Выбрать главу

Скверней всего то, что к этому невызревшему творению привязывается плоская и оттого особенно надоедливая цензура. Цензору Марену очень не нравится то, что действие драмы происходит в Бретани, в замке французского аристократа и что в эту малопочтенную историю замешивается, хотя очень косвенно, французский министр. Правдолюбивый цензор Марен, погрязший во лжи, что ещё несколько раз продемонстрирует нам при других обстоятельствах, утверждает, будто в прекрасной Франции, где сам король, а следом за королем многие графы и герцоги открыто живут со своими любовницами, имея законных жен, такого рода история просто-напросто не может произойти.

Понятно, что цензор Марен всего лишь болван, поскольку иных цензоров не бывает на свете, если это не Иван Александрович Гончаров или Федор Иванович Тютчев, и, по счастью, такого рода препятствия для Пьера Огюстена сущий пустяк. Он моментально меняет название. Не успевает верноподданный болван глазом моргнуть, как Бретань преобразуется в Лондон, а французский аристократ оказывается английским аристократом, то есть изворотливый автор прибегает к нехитрой уловке, весьма распространенной среди литераторов, будь они драматурги или прозаики, настигнутые непостижимой цензурой.

И что же, верноподданный цензор такого рода перестановкой доволен вполне, точно он полагает, что зрители, сидящие в зале, такие же дураки и ровным счетом ничего не поймут, если место действия из прекрасной Англии перебросить на, без сомнения, неблагополучные Британские острова.

Все-таки эта хитрость слишком проста и не убеждает Пьера Огюстена в зрелости своего мастерства. По-прежнему неуверенный, страшащийся позора провала, кажется, даже больше, чем страшился провалиться в Испании, он читает многократно переработанную «Евгению» своим хорошим знакомым, ожидая полезных критических замечаний, поскольку разрушительные замечания цензора полезными не назовешь, читает даже в близких салонах, а кое-кому доверяет рукопись в руки для внимательного прочтения наедине.

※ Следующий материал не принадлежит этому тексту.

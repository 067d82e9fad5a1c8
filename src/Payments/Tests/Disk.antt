-- ===== src/Payments/Tests/Disk.antt =====
-- A datastore that refuses nothing, and a node and a wallet that take every message.
use pop.Common.{
  ℕ, zero, suc, ◌+◌, ◌≡◌, ◌≢◌, ◌<◌, refl, true, false, List, [], ◌∷◌, none, some, arith,
}
use pop.Common.Int.{pos}
use pop.Common.Assoc.{find}
use pop.Common.Result.{ok, err}
use pop.Payments.Info.{ChannelInfo}
use pop.Payments.Store.{Store, Disk}
use pop.Payments.Message.{Api}
use pop.Payments.Lifecycle.Only.{Working}

sum_of : List (ℕ × ChannelInfo) → ℕ
sum_of [] = 0
sum_of ((k, c) ∷ xs) = k + sum_of xs

find-above : (xs : List (ℕ × ChannelInfo)) (n : ℕ) → sum_of xs < n → find n xs ≡ none
unfolding find sum_of
find-above [] n h = refl
find-above ((k, c) ∷ xs) n h = ground (arith, h, find-above xs n (omega (arith, h)))

pub fresh_id : Store → ℕ
unfolding sum_of
fresh_id st = suc (sum_of st.channels)

abbrev pub disk : Disk
disk = record {
  get_error = λ _. none;
  put_error = λ _. none;
  message_get_error = λ _. none;
  message_put_error = λ _. none;
  query_error = none;
  entry_error = λ _. false;
  new_id = fresh_id;
  delete_error = λ _. none;
}

fresh_id-nonzero : (st : Store) → fresh_id st ≢ 0
unfolding fresh_id
fresh_id-nonzero st = λ e. absurd (omega (arith, e))

fresh_id-find : (st : Store) → find (fresh_id st) st.channels ≡ none
unfolding fresh_id
fresh_id-find st = find-above st.channels (suc (sum_of st.channels)) (omega arith)

pub working : Working disk
working = record {
  readable = (refl, λ k. refl);
  writable = λ k. refl;
  gets = λ k. refl;
  deletes = λ k. refl;
  message_gets = λ k. refl;
  message_puts = λ k. refl;
  fresh = fresh_id-find;
  nonzero = fresh_id-nonzero;
}

abbrev pub api : Api
api = record {
  init_actor = 11;
  exec_method = 2;
  update_method = 3;
  settle_method = 4;
  collect_method = 5;
  constructor_params = λ a b. ok (a ∷ b ∷ []);
  exec_params = λ p. ok p;
  update_params = λ sv secret. ok (sv.nonce ∷ secret);
  gas_estimate = λ msg. ok (record msg { gas_limit = pos 100 });
  actor_nonce = λ _. ok 7;
  cid = λ msg. ok (msg.nonce + msg.method);
  signed_cid = λ smsg. 50 + smsg.message.method;
  sign = λ a c. ok (a ∷ c ∷ []);
  mpool_push = λ smsg. elim smsg.message.gas_premium [
    | pos zero ↦ err "already in mpool, increase GasPremium to 12"
    | _ ↦ ok tt
  ];
  is_in_mpool = λ e. true;
  match_premium = λ e. some "12";
  big_from_string = λ s. ok (pos 12);
}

Почему-то в особенности старается оказать ему посильную помощь герцог де Ниверне, занимающий должность министра, пэр Франции и к тому же член Академии, что, впрочем, мало характеризует герцога с положительной стороны, поскольку академики большей частью бесталанные люди, наделенные всего лишь редкой сноровкой зарекомендовать себя перед своими собратьями явной неспособностью их затмевать.

Герцог де Ниверне оказывается человеком по крайней мере внимательным и добросовестным и за неделю до первого представления пьесы на сцене Французской комедии вручает благодарному автору несколько листов своих замечаний. Трудно судить, насколько его замечания проницательны и полезны, однако Пьер Огюстен хватается и за них и ещё раз вносит поправки в свое многотерпеливое детище, которые, как вскоре становится ясно, незначительно улучшают его.

Наконец с множество раз перекроенной и подштопанной пьесой он приходит в театр, Театр его пьесу благосклонно берет. Начинаются репетиции, причем необходимо отметить, что в те времена актеры, как даровитые, так и посредственные, не утруждают себя количеством репетиций, более полагаясь за зыбкое счастье импровизации по ходу спектакля, для чего необходим легкий, хорошо запоминаемый текст. На репетициях же делаются прикидки, выстраиваются мизансцены, определяются удобные выходы да слегка проходятся диалоги, чтобы к премьере быть хотя бы отчасти в курсе того, что надлежит делать и говорить. Не мудрено, что с такими приемами спектакль готовится к выходу в течение нескольких дней, мудрено то, что очень часто сделанные на живую нитку спектакли имеют громадный успех.

Также немудрено, что Пьер Огюстен, новичок в профессиональном театре, приходит в ужас от такого рода приемов, которые не могут не представляться ему легкомысленными и прямо убийственными для пьесы, начиненной полезной моралью. Сам театр тоже не производит на него благоприятного впечатления, Здание Французской комедии выстроено ещё при Мольере. Дух великого, может быть, в нем и витает, однако оно до крайности неудобно. В нем три яруса лож, из которых далеко не все открывается из того, что происходит на сцене. Зрителям партера приходится стоять весь спектакль на ногах, что не позволяет им сосредоточить внимание, так что в зрительном зале всегда стоит легкий гул, заглушающий голос и самого горластого из актеров, а ведь далеко не каждый горласт. Техника сцены давно устарела и тяжело хромает на обе ноги. В общем, одни и те же злые недуги поражают в прекрасной Франции не только монархию, но и театр.